[Extracted information — start]

-- ===== src/Ingestion/Interleaving.antt =====
-- packages/event-ingestion-worker/src/infrastructure/broker/rabbitmq-broker-consumer.adapter.ts: the
-- channel starts `handleMessage` for each message that it delivers and does not wait for the one
-- before, so handlers are under way together. A handler runs without a pause up to its call of the
-- database, waits for the reply, and then answers the broker.
pub mod Calls
pub mod Safe
pub mod Answered
use webhook_idp.Common.{
  ℕ, ◌+◌, ◌≡◌, Bool, true, false, Option, none, some, List, [], ◌∷◌, ◌++◌, if◌then◌else◌,
}
use webhook_idp.Common.Text.{Text, ◌===◌}
use webhook_idp.Common.Exec.{Result, ok, err, map_err}
use webhook_idp.Common.State.{Exec, lift, ◌>>=◌}
use webhook_idp.Ingestion.Inbox.{Json, InboxRecord, tenant_id_from_string, event_type_from_string}
use webhook_idp.Ingestion.Store.{Exception, domain, syntax_error, InboxRepository}
use webhook_idp.Ingestion.Ingest.{
  IngestEventInput, IngestEventResult, World, resolve_dedup_key, resolve_correlation_id,
  ingest_record, upsert,
}
use webhook_idp.Ingestion.Runtime.{
  Validators, ConsumeMessage, Settlement, nack, parse_envelope, input_of, settlement,
}

-- Where a handler waits: for the database, or to answer the broker after its reply.
pub data Phase : Type 0 where
  storing : InboxRecord → Phase
  replied : InboxRecord → Result Exception Bool → Phase

pub record Task : Type 0 where
  pub tag : ℕ
  pub phase : Phase

-- What the broker was told, with the record and the reply that a handler had, if it called the
-- database.
pub record Answer : Type 0 where
  pub settlement : Settlement
  pub call : Option (InboxRecord × Result Exception Bool)

pub record System {ℓ} (Db : Type ℓ) : Type ℓ where
  pub world : World Db
  pub under_way : List Task
  pub answers : List Answer

-- A reply, as the handler's result.
unfoldable pub result_of : InboxRecord → Result Exception Bool → Result Exception IngestEventResult
result_of r (ok inserted) = ok (record { dedup_key = r.dedup_key.value; inserted = inserted })
result_of r (err e) = err e

module _ {Db : Type 0} where
  -- `execute`, up to the call of the repository.
  unfoldable pub prepare_record : IngestEventInput → Exec (World Db) Exception InboxRecord
  prepare_record input = do
    key ← lift (resolve_dedup_key input.event_id input.broker_message_id)
    correlation ← resolve_correlation_id input.correlation_id
    tenant ← lift (map_err domain (tenant_id_from_string input.tenant_id))
    type ← lift (map_err domain (event_type_from_string input.event_type))
    ingest_record (record {
      dedup_key = key;
      tenant_id = tenant;
      correlation_id = correlation;
      event_type = type;
      payload = input.payload;
    })

module _ (v : Validators) (json_parse : Text → Option Json) (repo : InboxRepository) where
  -- A handler, up to its call of the database.
  unfoldable pub prepare : ConsumeMessage → Exec (World repo.Db) Exception InboxRecord
  prepare msg w = elim (json_parse msg.content) [
    | none ↦ (err syntax_error, w)
    | some body ↦ elim (parse_envelope v body) [
      | err e ↦ (err e, w)
      | ok envelope ↦ prepare_record (input_of v json_parse repo envelope msg.message_id) w
    ]
  ]

  -- The steps of the handlers, in any order.
  pub data Step : System repo.Db → System repo.Db → Type 0 where
    received :
        {s : System repo.Db} (msg : ConsumeMessage) (r : InboxRecord)
        → (prepare msg s.world).0 ≡ ok r
        → Step s (record s {
          world = (prepare msg s.world).1;
          under_way = s.under_way ++ record { tag = msg.tag; phase = storing r } ∷ [];
        })
    refused :
        {s : System repo.Db} (msg : ConsumeMessage) (e : Exception)
        → (prepare msg s.world).0 ≡ err e
        → Step s (record s {
          world = (prepare msg s.world).1;
          answers = s.answers ++ record { settlement = nack msg.tag false false; call = none } ∷ [];
        })
    stored :
        {s : System repo.Db} (before after : List Task) (tag : ℕ) (r : InboxRecord)
        → s.under_way ≡ before ++ record { tag = tag; phase = storing r } ∷ after
        → Step s (record s {
          world = (upsert repo r s.world).1;
          under_way =
              before ++ record { tag = tag; phase = replied r (upsert repo r s.world).0 } ∷ after;
        })
    answered :
        {s : System repo.Db} (before after : List Task) (tag : ℕ) (r : InboxRecord)
        (reply : Result Exception Bool)
        → s.under_way ≡ before ++ record { tag = tag; phase = replied r reply } ∷ after
        → Step s (record s {
          under_way = before ++ after;
          answers =
              s.answers
              ++ record {
                settlement = settlement v json_parse repo tag (result_of r reply);
                call = some (r, reply);
              }
                ∷ [];
        })

  pub data Reach (s : System repo.Db) : System repo.Db → Type 0 where
    here : Reach s s
    next : {t u : System repo.Db} → Reach s t → Step t u → Reach s u

-- Whether a reply said that it has inserted under the key.
unfoldable pub inserts : Text → InboxRecord → Result Exception Bool → ℕ
inserts key r (ok true) = if key === r.dedup_key.value then 1 else 0
inserts key r _ = 0

unfoldable pub inserts_task : Text → Task → ℕ
inserts_task key task = elim task.phase [ storing r ↦ 0 | replied r reply ↦ inserts key r reply ]

unfoldable pub inserts_answer : Text → Answer → ℕ
inserts_answer key answer = elim answer.call [ none ↦ 0 | some call ↦ inserts key call.0 call.1 ]

unfoldable pub sum {ℓ} : {A : Type ℓ} → (A → ℕ) → List A → ℕ
sum f [] = 0
sum f (x ∷ xs) = f x + sum f xs

-- How often an insertion under the key was reported.
unfoldable pub insertions : {Db : Type 0} → Text → System Db → ℕ
insertions key s = sum (inserts_task key) s.under_way + sum (inserts_answer key) s.answers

[Extracted information — finish]

Scan the records above and report every line with the string "unfoldable".

* **Worked solution**
unfoldable pub result_of : InboxRecord → Result Exception Bool → Result Exception IngestEventResult
  unfoldable pub prepare_record : IngestEventInput → Exec (World Db) Exception InboxRecord
  unfoldable pub prepare : ConsumeMessage → Exec (World repo.Db) Exception InboxRecord
unfoldable pub inserts : Text → InboxRecord → Result Exception Bool → ℕ
unfoldable pub inserts_task : Text → Task → ℕ
unfoldable pub inserts_answer : Text → Answer → ℕ
unfoldable pub sum {ℓ} : {A : Type ℓ} → (A → ℕ) → List A → ℕ
unfoldable pub insertions : {Db : Type 0} → Text → System Db → ℕ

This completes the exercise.